Ironically, the powerful agriculturalists and the retailers have yet once again been spared of sharing the tax burden even in these difficult times. The government itself has not committed to any measures on its part to curtail its expenditure to plug the revenue shortfall even in the ‘unprecedented’ economic situation that we have been seeing for the last many years now.

While the government employees, many of them corrupt and inefficient, have been rewarded with a 22-25 per cent salary increase, private-sector employees have been left to fend for themselves in the face of a serious erosion of their purchasing power through additional taxes.

Besides bringing the untaxed segments into the net, the government should have also announced ‘difficult’ decisions for itself and its many ministries.
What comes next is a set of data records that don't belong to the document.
-- ===== src/Tasks/Clean.antt =====
-- common/task/tunny_runner.go: clean removes the old finished tasks and no others.
use solocoder_6069_go_drive.Common.{
  ℕ, Bool, true, false, ◌&&◌, List, [], ◌∷◌, ◌≡◌, refl, sym, ◌∙◌, ap, subst, inl, inr,
  if◌then◌else◌, Str, Option, none, some, In, Bool-cases, Option-cases,
}
use solocoder_6069_go_drive.KvCache.{ConcurrentMap}
use solocoder_6069_go_drive.KvCache.Removal.{remove_keys-absent, remove_keys-In, remove_keys-other}
use solocoder_6069_go_drive.Tasks.{TaskCtx, finished, is_overdue, overdue_ids, clean}

-- Finished, and last changed more than ten minutes ago or never.
unfoldable pub is_old : {R : Type 0} → ℕ → TaskCtx R → Bool
unfolding finished is_overdue
is_old now w = finished w.task && is_overdue now w.task.updated_at

unfoldable pub keep_new : {R : Type 0} → ℕ → Option (TaskCtx R) → Option (TaskCtx R)
unfolding is_old
keep_new now none = none
keep_new now (some w) = if is_old now w then none else some w

module _ {R M : Type 0} (store : ConcurrentMap (TaskCtx R) M) where
  -- Each task is in the store under its id, as createTask puts it there.
  abbrev pub IsKeyed : M → Type 0
  IsKeyed m = (k : Str) (w : TaskCtx R) → store.lookup k m ≡ some w → w.task.id ≡ k

  overdue_ids-take :
      (now : ℕ) (k : Str) (w : TaskCtx R) (es : List (Str × TaskCtx R))
      → is_old now w ≡ true
      → overdue_ids store now ((k, w) ∷ es) ≡ w.task.id ∷ overdue_ids store now es
  unfolding overdue_ids is_old
  overdue_ids-take now k w es e = rw e refl

  overdue_ids-skip :
      (now : ℕ) (k : Str) (w : TaskCtx R) (es : List (Str × TaskCtx R))
      → is_old now w ≡ false
      → overdue_ids store now ((k, w) ∷ es) ≡ overdue_ids store now es
  unfolding overdue_ids is_old
  overdue_ids-skip now k w es e = rw e refl

  -- Where an id of the list comes from.
  abbrev Source : ℕ → Str → List (Str × TaskCtx R) → Type 0
  Source now id es =
      (k : Str) × (w : TaskCtx R) × In (k, w) es × (w.task.id ≡ id) × (is_old now w ≡ true)

  Source-later :
      (now : ℕ) (id : Str) (e : Str × TaskCtx R) (es : List (Str × TaskCtx R))
      → Source now id es
      → Source now id (e ∷ es)
  Source-later now id e es (k, w, m, i, o) = (k, w, inr m, i, o)

  overdue_ids_sound :
      (now : ℕ) (id : Str) (es : List (Str × TaskCtx R))
      → In id (overdue_ids store now es)
      → Source now id es
  overdue_ids_sound now id [] h = absurd (unfold overdue_ids in h)
  overdue_ids_sound now id ((k, w) ∷ es) h = elim (Bool-cases (is_old now w)) [
    | inl e ↦ elim (subst (In id) (overdue_ids-take now k w es e) h) [
      | inl p ↦ (k, w, inl refl, sym p, e)
      | inr m ↦ Source-later now id (k, w) es (overdue_ids_sound now id es m)
    ]
    | inr e ↦
        Source-later now id (k, w) es
          (overdue_ids_sound now id es (subst (In id) (overdue_ids-skip now k w es e) h))
  ]

  overdue_ids_complete :
      (now : ℕ) (k : Str) (w : TaskCtx R) (es : List (Str × TaskCtx R))
      → In (k, w) es
      → is_old now w ≡ true
      → In w.task.id (overdue_ids store now es)
  overdue_ids_complete now k w [] m h = absurd m
  overdue_ids_complete now k w ((j, v) ∷ es) (inl p) h =
      subst (In w.task.id)
        (sym (overdue_ids-take now j v es (subst (λ x. is_old now x ≡ true) (ap (λ q. q.1) p) h)))
        (inl (ap (λ q. q.1.task.id) p))
  overdue_ids_complete now k w ((j, v) ∷ es) (inr m) h = elim (Bool-cases (is_old now v)) [
    | inl e ↦
        subst (In w.task.id) (sym (overdue_ids-take now j v es e))
          (inr (overdue_ids_complete now k w es m h))
    | inr e ↦
        subst (In w.task.id) (sym (overdue_ids-skip now j v es e))
          (overdue_ids_complete now k w es m h)
  ]

  ctx_of : TaskCtx R → Option (TaskCtx R) → TaskCtx R
  ctx_of d none = d
  ctx_of d (some w) = w

  -- A task that is not old is not among the ids, nor is one that is not there.
  not_among :
      (now : ℕ) (k : Str) (m : M)
      → IsKeyed m
      → ((w : TaskCtx R) → store.lookup k m ≡ some w → is_old now w ≡ false)
      → In k (overdue_ids store now (store.entries m))
      → ⊥
  not_among now k m keyed h p =
      let (j, w, i, e, o) = overdue_ids_sound now k (store.entries m) p in
      let at_j = store.entries-lookup j w m i in
      let same : k ≡ j = sym e ∙ keyed j w at_j in
      let no : is_old now w ≡ false = h w (ap (λ x. store.lookup x m) same ∙ at_j) in
      let no : ⊥ = cc in no

  -- Where each task is in the store under its id: after clean, a task is there as it was before, unless
  -- it is finished and was last changed more than ten minutes ago, or never; then it is not there.
  pub lookup-clean :
      (now : ℕ) (k : Str) (m : M)
      → IsKeyed m
      → store.lookup k (clean store now m) ≡ keep_new now (store.lookup k m)
  unfolding clean keep_new ctx_of
  lookup-clean now k m keyed = elim (Option-cases (store.lookup k m)) [
    | inl e ↦
        remove_keys-absent store k (overdue_ids store now (store.entries m)) m e
        ∙ sym (ap (keep_new now) e)
    | inr (w, e) ↦ elim (Bool-cases (is_old now w)) [
      | inl o ↦
          remove_keys-In store k (overdue_ids store now (store.entries m)) m (
            subst (λ x. In x (overdue_ids store now (store.entries m))) (keyed k w e)
              (overdue_ids_complete now k w (store.entries m) (store.lookup-entries k w m e) o))
          ∙ sym (ap (keep_new now) e ∙ (rw o refl))
      | inr o ↦
          remove_keys-other store k (overdue_ids store now (store.entries m)) m (
            not_among now k m keyed
              (λ v q. subst (λ x. is_old now x ≡ false) (ap (ctx_of w) (sym e ∙ q)) o))
          ∙ e
          ∙ sym (ap (keep_new now) e ∙ (rw o refl))
    ]
  ]
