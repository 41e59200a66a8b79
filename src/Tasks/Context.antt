-- ===== src/Tasks/Context.antt =====
-- common/task/context.go: the contexts that count progress, alone or on behalf of another.
use solocoder_6069_go_drive.Common.{ℕ, Bool, true, false, if◌then◌else◌}
use solocoder_6069_go_drive.Tasks.{counted}

-- TaskContextWrapper
pub record Counter : Type 0 where
  pub loaded : ℕ
  pub total : ℕ
  pub mutable : Bool

-- NewContextWrapper, NewTaskContext
unfoldable pub new_context_wrapper : Counter
new_context_wrapper = record { loaded = 0; total = 0; mutable = false }

unfoldable pub new_task_context : Counter
new_task_context = record { loaded = 0; total = 0; mutable = true }

-- A report of progress, or of a part of the total.
pub data Report : Type 0 where
  report_loaded report_sum : ℕ → Bool → Report

-- Progress and Total
unfoldable pub report : Report → Counter → Counter
unfolding counted
report (report_loaded n absolute) d =
    if d.mutable then record d { loaded = counted d.loaded n absolute } else d
report (report_sum n absolute) d =
    if d.mutable then record d { total = counted d.total n absolute } else d

-- GetProgress, GetTotal
unfoldable pub get_progress : Counter → ℕ
get_progress d = if d.mutable then d.loaded else 0

unfoldable pub get_total : Counter → ℕ
get_total d = if d.mutable then d.total else 0

-- Progress and Total of the context that NewCtxWrapper puts around another, in a state X
unfoldable pub wrapped : {X : Type 0} → Bool → Bool → (Report → X → X) → Report → X → X
wrapped mutable_loaded mutable_total below (report_loaded n absolute) x =
    if mutable_loaded then below (report_loaded n absolute) x else x
wrapped mutable_loaded mutable_total below (report_sum n absolute) x =
    if mutable_total then below (report_sum n absolute) x else x
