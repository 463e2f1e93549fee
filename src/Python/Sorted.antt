-- ===== src/Python/Sorted.antt =====
-- `sorted` of texts and of a dict's items: by code points, which are the keys' order as all differ.
use cloud_glider.Prelude.{String, code, Bool, true, false, [], ◌∷◌, ltb, if◌then◌else◌}
use cloud_glider.Python.Dict.{Dict}

-- `s <= t`.
unfoldable pub text_leb : (s t : String) → Bool
text_leb String.[] t = true
text_leb (String.◌∷◌ c s) String.[] = false
text_leb (String.◌∷◌ c s) (String.◌∷◌ d t) =
    let rest = text_leb s t in
    if ltb (code c) (code d) then true else if ltb (code d) (code c) then false else rest

module _ {ℓ} {V : Type ℓ} where
  unfoldable pub insert_item : String → V → Dict V → Dict V
  unfolding text_leb
  insert_item k v [] = (k, v) ∷ []
  insert_item k v ((j, w) ∷ d) =
      if text_leb k j then (k, v) ∷ (j, w) ∷ d else (j, w) ∷ insert_item k v d

  -- `sorted(d.items())`.
  unfoldable pub sorted_items : Dict V → Dict V
  unfolding insert_item
  sorted_items [] = []
  sorted_items ((k, v) ∷ d) = insert_item k v (sorted_items d)
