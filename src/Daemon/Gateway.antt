-- ===== src/Daemon/Gateway.antt =====
-- daemon.py, `Gateway`: what the state machine asks of AWS, as operations on a world `W` of which
-- nothing else is assumed. The injected clock, sleep and logger, `uuid4`, `utc_now` and SHA-256 stand
-- beside them. The clock counts milliseconds, so that `int(self.clock())` is a division.
use cloud_glider.Prelude.{ℕ, String, Bool, Option}
use cloud_glider.Prelude.Int.{ℤ}
use cloud_glider.Python.Exec.{Exec}
use cloud_glider.Python.Value.{Record}

-- A stack as `describe_stack` returns it; each key may be missing.
pub record Stack : Type 0 where
  pub stack_id : Option String
  pub stack_status : Option String
  pub parameters : Option Record
  pub role_arn : Option String
  pub tags : Option Record

-- The dict that `_stack_specification` builds.
pub record Specification : Type 0 where
  pub stack_name : String
  pub generation : String
  pub template : Record
  pub parameters : Record
  pub role_arn : String
  pub client_token : String
  pub tags : Record

-- The condition of a handoff: the owner's identity, its lease and the control record it acts on.
pub record Expected : Type 0 where
  pub identity : Record
  pub lease_owner : String
  pub control_identity : Record

pub record Gateway (W : Type 0) : Type 0 where
  pub instance_id : String
  pub read_control_and_hold : Exec W (Record × Bool)
  pub read_current : Exec W Record
  pub claim_initial_current : Record → Exec W Bool
  pub write_heartbeat : Record → Exec W (Unit {0})
  pub acquire_lease : String → String → ℤ → ℤ → Exec W Bool
  pub renew_lease : String → ℤ → Exec W (Unit {0})
  pub release_lease : String → Exec W (Unit {0})
  pub describe_stack : String → Exec W (Option Stack)
  pub stack_instance_id : String → Exec W String
  pub verify_template_artifact : Record → Exec W (Unit {0})
  pub create_stack : Specification → Exec W String
  pub reconcile_submission : Specification → Stack → Exec W (Unit {0})
  pub read_generation_state : String → Exec W (Option Record)
  pub check_capacity : ℤ → Exec W (Unit {0})
  pub handoff : Expected → Record → Record → Exec W Bool
  pub delete_stack : String → String → String → Exec W (Unit {0})
  pub invoke_hold : String → String → String → Exec W (Unit {0})
  pub clock : W → ℕ × W
  pub sleep : ℤ → W → W
  pub utc_now : W → String × W
  pub uuid4 : W → String × W
  pub sha256_hex : String → String
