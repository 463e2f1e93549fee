-- ===== src/Aws/Description.antt =====
-- aws_sdk.py: what is asked of CloudFormation and S3, and how their answers are read.
use Prim.Native.String.{◌++◌ as concat}
use cloud_glider.Prelude.{String, ◌&&◌, Option, none, some, List, [], ◌∷◌, ◌==◌, if◌then◌else◌}
use cloud_glider.Python.Text.{contains, join}
use cloud_glider.Python.Result.{err, ok, transient, uncaught, Result, ok, err, ◌>>=◌}
use cloud_glider.Python.Dict.{insert, update}
use cloud_glider.Python.Sorted.{sorted_items}
use cloud_glider.Python.Value.{Record, truth, get, str}
use cloud_glider.Daemon.Gateway.{Stack, Specification}
use cloud_glider.Aws.Services.{Body, chunks, broken, StackDescription, CreateStack, Library}
use cloud_glider.Aws.Client.{Reply, replied, refused}
use cloud_glider.Aws.Snapshot.{text_item}

abbrev pub or_empty : Option String → String
or_empty none = ""
or_empty (some v) = v

abbrev parameter_entries : List (String × Option String) → Record
parameter_entries [] = []
parameter_entries ((k, v) ∷ ps) = (k, str (or_empty v)) ∷ parameter_entries ps

abbrev tag_entries : List (String × String) → Record
tag_entries [] = []
tag_entries ((k, v) ∷ ts) = (k, str v) ∷ tag_entries ts

-- `_stack`; an `IndexError` where there is none.
unfoldable pub stack_of : List StackDescription → Result Stack
unfolding update
stack_of [] = err uncaught
stack_of (s ∷ ss) = ok (record {
  stack_id = s.stack_id;
  stack_status = s.stack_status;
  parameters = some (update [] (parameter_entries s.parameters));
  role_arn = s.role_arn;
  tags = some (update [] (tag_entries s.tags));
})

-- A stack that does not exist is `None`; every other error raises.
unfoldable pub described : Reply (List StackDescription) → Result (Option Stack)
unfolding stack_of contains
described (replied stacks) = do s ← stack_of stacks; ok (some s)
described (refused code message reasons) =
    if code == "ValidationError" && contains "does not exist" message
    then ok none
    else err (transient message)

-- `_parameters`, where `[{"ParameterKey": k, "ParameterValue": v}, ...]` stands as a dict.
unfoldable pub stack_parameters : Specification → Record
unfolding sorted_items
stack_parameters specification = sorted_items specification.parameters

-- `_tags`.
unfoldable pub stack_tags : Specification → Record
unfolding sorted_items get truth insert
stack_tags specification =
    let owner = get "Owner" specification.parameters in
    sorted_items
      (if truth owner then insert "owner" owner specification.tags else specification.tags)

-- The digest of a body, or what broke it off.
unfoldable pub digest : Library → Body → Result String
unfolding join
digest library (chunks parts) = ok (library.sha256_hex (join "" parts))
digest library (broken message) = err (transient (concat "template download incomplete: " message))

-- `_template_url`.
unfoldable pub template_url : Library → (region : String) → Specification → Result String
unfolding join
template_url library region specification = do
  bucket ← text_item specification.template "template_bucket"
  key ← text_item specification.template "template_key"
  version ← text_item specification.template "template_version_id"
  ok (
      join "" (
        "https://"
        ∷ library.quote "" bucket
        ∷ ".s3."
        ∷ region
        ∷ ".amazonaws.com/"
        ∷ library.quote "/" key
        ∷ "?versionId="
        ∷ library.quote "" version
        ∷ []))

unfoldable pub create_stack_request : Specification → String → CreateStack
unfolding stack_parameters stack_tags
create_stack_request specification url = record {
  stack_name = specification.stack_name;
  template_url = url;
  parameters = stack_parameters specification;
  role_arn = specification.role_arn;
  on_failure = "DO_NOTHING";
  client_request_token = specification.client_token;
  tags = stack_tags specification;
}
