-- ===== src/Aws/Store.antt =====
-- What DynamoDB documents of the requests in aws_sdk.py, as far as the theorems need it: when a condition
-- holds of an item, what a write leaves, and that a transaction is all or nothing. The service itself
-- stays a parameter; `Documented` is what is assumed of it.
pub mod Places
pub mod Rules
use cloud_glider.Prelude.{
  String, Bool, true, false, not, ◌&&◌, ◌||◌, Option, none, some, List, [], ◌∷◌, ◌==◌, ◌≡◌, ◌⊎◌,
  if◌then◌else◌,
}
use cloud_glider.Prelude.Int.{ℤ, ltb_ℤ}
use cloud_glider.Prelude.Lists.{any}
use cloud_glider.Python.Text.{int_of_text}
use cloud_glider.Python.Dict
use cloud_glider.Python.Dict.{Dict, lookup}
use cloud_glider.Aws.Attribute.{
  Scalar, string, number, boolean, nothing, Attribute, scalar, sequence, mapping, other, Item,
}
use cloud_glider.Aws.Dynamo.{
  Key, Condition, attribute_not_exists, equals, differs, less, one_of, both, one, Write,
  condition_check, put, update, delete, Get,
}
use cloud_glider.Aws.Services.{
  Answer, answered, client_error, transport_error, unexpected, interrupted, CreateStack, Services,
}

-- The item of a key in a table, empty where there is none.
abbrev pub Store : Type 0
Store = String → Key → Item

unfoldable pub bool_eq : Bool → Bool → Bool
bool_eq true c = c
bool_eq false c = not c

unfoldable pub scalar_eq : Scalar → Scalar → Bool
unfolding bool_eq
scalar_eq (string s) (string t) = s == t
scalar_eq (number s) (number t) = s == t
scalar_eq (boolean s) (boolean t) = bool_eq s t
scalar_eq nothing nothing = true
scalar_eq _ _ = false

unfoldable pub scalars_eq : List Scalar → List Scalar → Bool
unfolding scalar_eq
scalars_eq [] [] = true
scalars_eq (x ∷ xs) (y ∷ ys) = scalar_eq x y && scalars_eq xs ys
scalars_eq _ _ = false

unfoldable pub attribute_eq : Attribute → Attribute → Bool
unfolding scalar_eq scalars_eq
attribute_eq (scalar s) (scalar t) = scalar_eq s t
attribute_eq (sequence xs) (sequence ys) = scalars_eq xs ys
attribute_eq (mapping d) (mapping e) = Dict.dict_eq scalar_eq d e
attribute_eq _ _ = false

unfoldable pub is_equal : Option Attribute → Attribute → Bool
unfolding attribute_eq
is_equal none v = false
is_equal (some a) v = attribute_eq a v

unfoldable pub is_less_number : Option ℤ → Option ℤ → Bool
is_less_number (some a) (some b) = ltb_ℤ a b
is_less_number _ _ = false

unfoldable pub is_less : Option Attribute → Attribute → Bool
unfolding is_less_number int_of_text
is_less (some (scalar (number s))) (scalar (number t)) =
    is_less_number (int_of_text s) (int_of_text t)
is_less _ _ = false

-- The condition holds of the item.
unfoldable pub holds : Item → Condition → Bool
unfolding lookup is_equal is_less
holds i (attribute_not_exists n) = not (Dict.is_some (lookup n i))
holds i (equals n v) = is_equal (lookup n i) v
holds i (differs n v) = not (is_equal (lookup n i) v)
holds i (less n v) = is_less (lookup n i) v
holds i (one_of n vs) = any (is_equal (lookup n i)) vs
holds i (both p q) = holds i p && holds i q
holds i (one p q) = holds i p || holds i q

abbrev text_or_empty : Option Attribute → String
text_or_empty (some (scalar (string s))) = s
text_or_empty (some (scalar (number s))) = ""
text_or_empty (some (scalar (boolean t))) = ""
text_or_empty (some (scalar nothing)) = ""
text_or_empty (some (sequence xs)) = ""
text_or_empty (some (mapping d)) = ""
text_or_empty (some other) = ""
text_or_empty none = ""

-- The key that an item carries.
unfoldable pub key_of : Item → Key
unfolding lookup
key_of i = record { pk = text_or_empty (lookup "PK" i); sk = text_or_empty (lookup "SK" i) }

abbrev pub key_entries : Key → Item
key_entries k = ("PK", scalar (string k.pk)) ∷ ("SK", scalar (string k.sk)) ∷ []

abbrev pub table_of : Write → String
table_of (condition_check table key condition) = table
table_of (put table item condition) = table
table_of (update table key assignments condition) = table
table_of (delete table key condition) = table

abbrev pub target_of : Write → Key
target_of (condition_check table key condition) = key
target_of (put table item condition) = key_of item
target_of (update table key assignments condition) = key
target_of (delete table key condition) = key

abbrev holds_option : Item → Option Condition → Bool
holds_option i none = true
holds_option i (some p) = holds i p

abbrev pub permits : Write → Item → Bool
permits (condition_check table key condition) i = holds i condition
permits (put table item condition) i = holds_option i condition
permits (update table key assignments condition) i = holds i condition
permits (delete table key condition) i = holds i condition

-- What the write makes of the item; an update of no item makes one.
abbrev pub result_of : Write → Item → Item
result_of (condition_check table key condition) i = i
result_of (put table item condition) i = item
result_of (update table key assignments condition) i =
    Dict.update (Dict.update i (key_entries key)) assignments
result_of (delete table key condition) i = []

unfoldable pub same_place : (t u : String) → (k j : Key) → Bool
same_place t u k j = t == u && (k.pk == j.pk && k.sk == j.sk)

unfoldable pub apply : Write → Store → Store
unfolding same_place
apply op s table key =
    if same_place (table_of op) table (target_of op) key
    then result_of op (s table key)
    else s table key

-- Every condition is read before the writes. No two entries have one target.
unfoldable pub all_permit : List Write → Store → Bool
unfolding holds
all_permit [] s = true
all_permit (op ∷ ops) s = permits op (s (table_of op) (target_of op)) && all_permit ops s

unfoldable pub apply_all : List Write → Store → Store
unfolding apply
apply_all [] s = s
apply_all (op ∷ ops) s = apply_all ops (apply op s)

abbrev pub Done : List Write → (before after : Store) → Type 0
Done ops before after = (all_permit ops before ≡ true) × (after ≡ apply_all ops before)

-- An answer means that the transaction was done, a `ClientError` that it was not; after any other end
-- either may be so.
abbrev pub Transacted : {A : Type 0} → List Write → (before after : Store) → Answer A → Type 0
Transacted ops before after (answered a) = Done ops before after
Transacted ops before after (client_error e) = after ≡ before
Transacted ops before after (transport_error kind message) =
    (after ≡ before) ⊎ Done ops before after
Transacted ops before after unexpected = (after ≡ before) ⊎ Done ops before after
Transacted ops before after (interrupted kind) = (after ≡ before) ⊎ Done ops before after

abbrev pub item_or_empty : Option Item → Item
item_or_empty none = []
item_or_empty (some i) = i

abbrev pub Reads : Get → Store → Answer (Option Item) → Type 0
Reads g s (answered i) = item_or_empty i ≡ s g.table g.key
Reads g s (client_error e) = Unit
Reads g s (transport_error kind message) = Unit
Reads g s unexpected = Unit
Reads g s (interrupted kind) = Unit

-- CloudFormation's work is in no table.
pub record Documented {W : Type 0} (services : Services W) : Type 0 where
  pub stored : W → Store
  pub transaction :
      (ops : List Write) (w : W)
      → Transacted ops
          (stored w)
          (stored (services.transact_write_items ops w).1)
          (services.transact_write_items ops w).0
  pub deletion :
      (table : String) (key : Key) (p : Condition) (w : W)
      → Transacted
          (delete table key p ∷ [])
          (stored w)
          (stored (services.delete_item table key p w).1)
          (services.delete_item table key p w).0
  pub insertion :
      (table : String) (i : Item) (p : Condition) (w : W)
      → Transacted
          (put table i (some p) ∷ [])
          (stored w)
          (stored (services.put_item table i p w).1)
          (services.put_item table i p w).0
  pub reading :
      (g : Get) (w : W)
      → Reads g (stored w) (services.get_item g w).0 × (stored (services.get_item g w).1 ≡ stored w)
  pub creation : (r : CreateStack) (w : W) → stored (services.create_stack r w).1 ≡ stored w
That would have demonstrated some level of sincerity towards reviving the country’s economy. Not a single such measure has been taken. That, for sure, is the hardest part to put up with.

The government should have imposed a ban on the purchase of official government vehicles until the improvement of the economic situation. No parliamentarian or government official should have been allowed more than one official car at a time. All expensive, imported luxury vehicles and protocol vehicles in the use of government officials should have been withdrawn and auctioned. Moreover, lavish expenditure on fuel in official government vehicles should have been rationalised. Economy class air travel should have been made mandatory for all local and overseas trips of government functionaries. But none has been done.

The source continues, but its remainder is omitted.